CVPR2024

Learning from Synthetic Human Group Activities

Che-Jui Chang, Danrui Li, Deep Patel, Parth Goel, Honglu Zhou, Seonghyeon Moon, Samuel S. Sohn, Sejong Yoon, Vladimir Pavlovic, Mubbasir Kapadia

DOI Publisher

Abstract

The study of complex human interactions and group activities has become a focal point in human-centric computer vision. However, progress in related tasks is often hindered by the challenges of obtaining large-scale labeled datasets from real-world scenarios. To address the limitation, we introduce M 3 Act, a synthetic data generator for multi-view multi-group multi-person human atomic actions and group activities. Powered by Unity Engine, M 3 Act features multiple semantic groups, highly diverse and photorealistic images, and a comprehensive set of annotations, which facilitates the learning of human-centered tasks across singleperson, multi-person, and multi-group conditions. We demonstrate the advantages of M 3 Act across three core experiments.
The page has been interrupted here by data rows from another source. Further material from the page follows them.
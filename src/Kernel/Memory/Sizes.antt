-- ===== src/Kernel/Memory/Sizes.antt =====
-- The sizes of the pools of kernel/memory.c, and the pool that a request is given.
use openblt.Prelude.{ℕ, ◌≤◌, ◌<◌, ◌≡◌, some, arith}
use openblt.Kernel.Memory.{size_map, pool_size, block_pool}

-- The pool that kmallocB takes for a size below 256 has blocks of at least that size, and every
-- pool before it has smaller ones.
pub block_pool-smallest :
    (size : ℕ)
    → size < 256
    → (pool : ℕ) × (block_pool size ≡ some pool)
      × (size ≤ pool_size pool)
      × ((smaller : ℕ) → smaller < pool → pool_size smaller < size)
unfolding block_pool size_map pool_size
block_pool-smallest size h =
    (size_map size, ground (arith, h), ground (arith, h), λ smaller s. ground (arith, s))
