-- ===== src/Kernel/Memory/Virtual/Backing.antt =====
-- A page of the kernel's own space, taken and released: kgetpage and kfreepage of kernel/memory.c.
use mathlib.Core.Option
use openblt.Prelude.{
  ℕ, ◌-◌, ◌*◌, ◌/◌, ◌^◌, ◌<◌, ◌≤◌, ◌==◌, ◌≡◌, refl, ap, ◌∙◌, false, some, List, [], ◌∷◌,
  if◌then◌else◌, arith, ltb, ==_refl, Bool-cases, inl, inr, ==_eq, sym,
}
use openblt.Kernel.Memory.Pages.{IsFree, getpage-first, putpage-IsFree}
use openblt.Kernel.Memory.Virtual.{
  KernelSpace, kgetpage, kgetpages, kfreepage, aspace_maphi, map_high, page_entry, vpage,
  place_page,
}

-- The virtual page that kgetpage takes.
abbrev pub next_vpage : List ℕ → ℕ → ℕ
next_vpage [] nextmem = nextmem - 4096
next_vpage (page ∷ rest) nextmem = page

-- What place_page does with the physical page `n`.
record Placed (n page : ℕ) (s r : KernelSpace) : Type 0 where
  pages : r.pages ≡ s.pages
  mapped : (j : ℕ) → r.high j ≡ (if j == vpage page then page_entry n 3 else s.high j)

place_page-Placed :
    (n : ℕ) (vpages : List ℕ) (s : KernelSpace)
    → ((place_page n vpages s).1 ≡ next_vpage vpages s.nextmem)
      × Placed n (next_vpage vpages s.nextmem) s (place_page n vpages s).0
unfolding place_page aspace_maphi map_high
place_page-Placed n [] s = (refl, record { pages = refl; mapped = λ j. refl })
place_page-Placed n (page ∷ rest) s = (refl, record { pages = refl; mapped = λ j. refl })

entry_page : (n : ℕ) → n < 2 ^ 20 → page_entry n 3 / 4096 ≡ n
entry_page n h = omega (arith, h)

module _ (s : KernelSpace) (n : ℕ) (free : List ℕ) (v : IsFree s.pages (n ∷ free))
    (small : n < 2 ^ 20) (left : 0x80050000 ≤ s.nextmem)
    (unmapped : s.high (vpage (next_vpage s.freevpages s.nextmem)) ≡ 0) where
  abbrev page : ℕ
  page = next_vpage s.freevpages s.nextmem

  restored :
      (r : KernelSpace)
      → ((j : ℕ) → r.high j ≡ (if j == vpage page then page_entry n 3 else s.high j))
      → (j : ℕ) → (kfreepage page r).high j ≡ s.high j
  unfolding kfreepage
  restored r m j = elim (Bool-cases (j == vpage page)) [
    | inl h ↦ rw h (sym (ap s.high (==_eq j (vpage page) h) ∙ unmapped))
    | inr h ↦ rw h (m j ∙ rw h refl)
  ]

  -- kgetpage with a free page below 2^20, with nextmem at least 0x80050000, and with a virtual page
  -- to take that is not mapped, maps that virtual page to the first free page; kfreepage of it then
  -- gives the same free pages and the same page table, where the kmalloc of its node takes no page.
  pub kfreepage-kgetpage :
      (r : KernelSpace) × (kgetpage s ≡ some (r, page, n * 4096))
      × (r.high (vpage page) ≡ page_entry n 3)
      × IsFree (kfreepage page r).pages (n ∷ free)
      × ((j : ℕ) → (kfreepage page r).high j ≡ s.high j)
  unfolding kgetpage kfreepage Option.bind
  kfreepage-kgetpage =
      let (q, e, w) = getpage-first s.pages n free v in
      let (at, p) = place_page-Placed n s.freevpages (record s { pages = q }) in
      let r = (place_page n s.freevpages (record s { pages = q })).0 in
      let room : ltb s.nextmem 0x80050000 ≡ false = ground (arith, left) in
      let here : r.high (vpage page) ≡ page_entry n 3 =
        p.mapped (vpage page) ∙ rw (==_refl (vpage page)) refl in
      (
        r,
        rw (e, room, at) refl,
        here,
        rw (here, entry_page n small, p.pages) (putpage-IsFree q free n w v.chain.1 v.distinct.0),
        λ j. restored r p.mapped j,
      )

pub kgetpages-one :
    (s r : KernelSpace) (v phys : ℕ) → kgetpage s ≡ some (r, v, phys) → kgetpages 1 s ≡ some (r, v)
unfolding kgetpages Option.map
kgetpages-one s r v phys e = rw e refl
The results suggest our synthetic dataset can significantly improve the performance of several downstream methods and replace real-world datasets to reduce cost. Notably, M 3 Act improves the state-of-the-art MOTRv2 on DanceTrack dataset, leading to a hop on the leaderboard from 10 th to 2 nd place. Moreover, M 3 Act opens new research for controllable 3D group activity generation. We define multiple metrics and propose a competitive baseline for the novel task.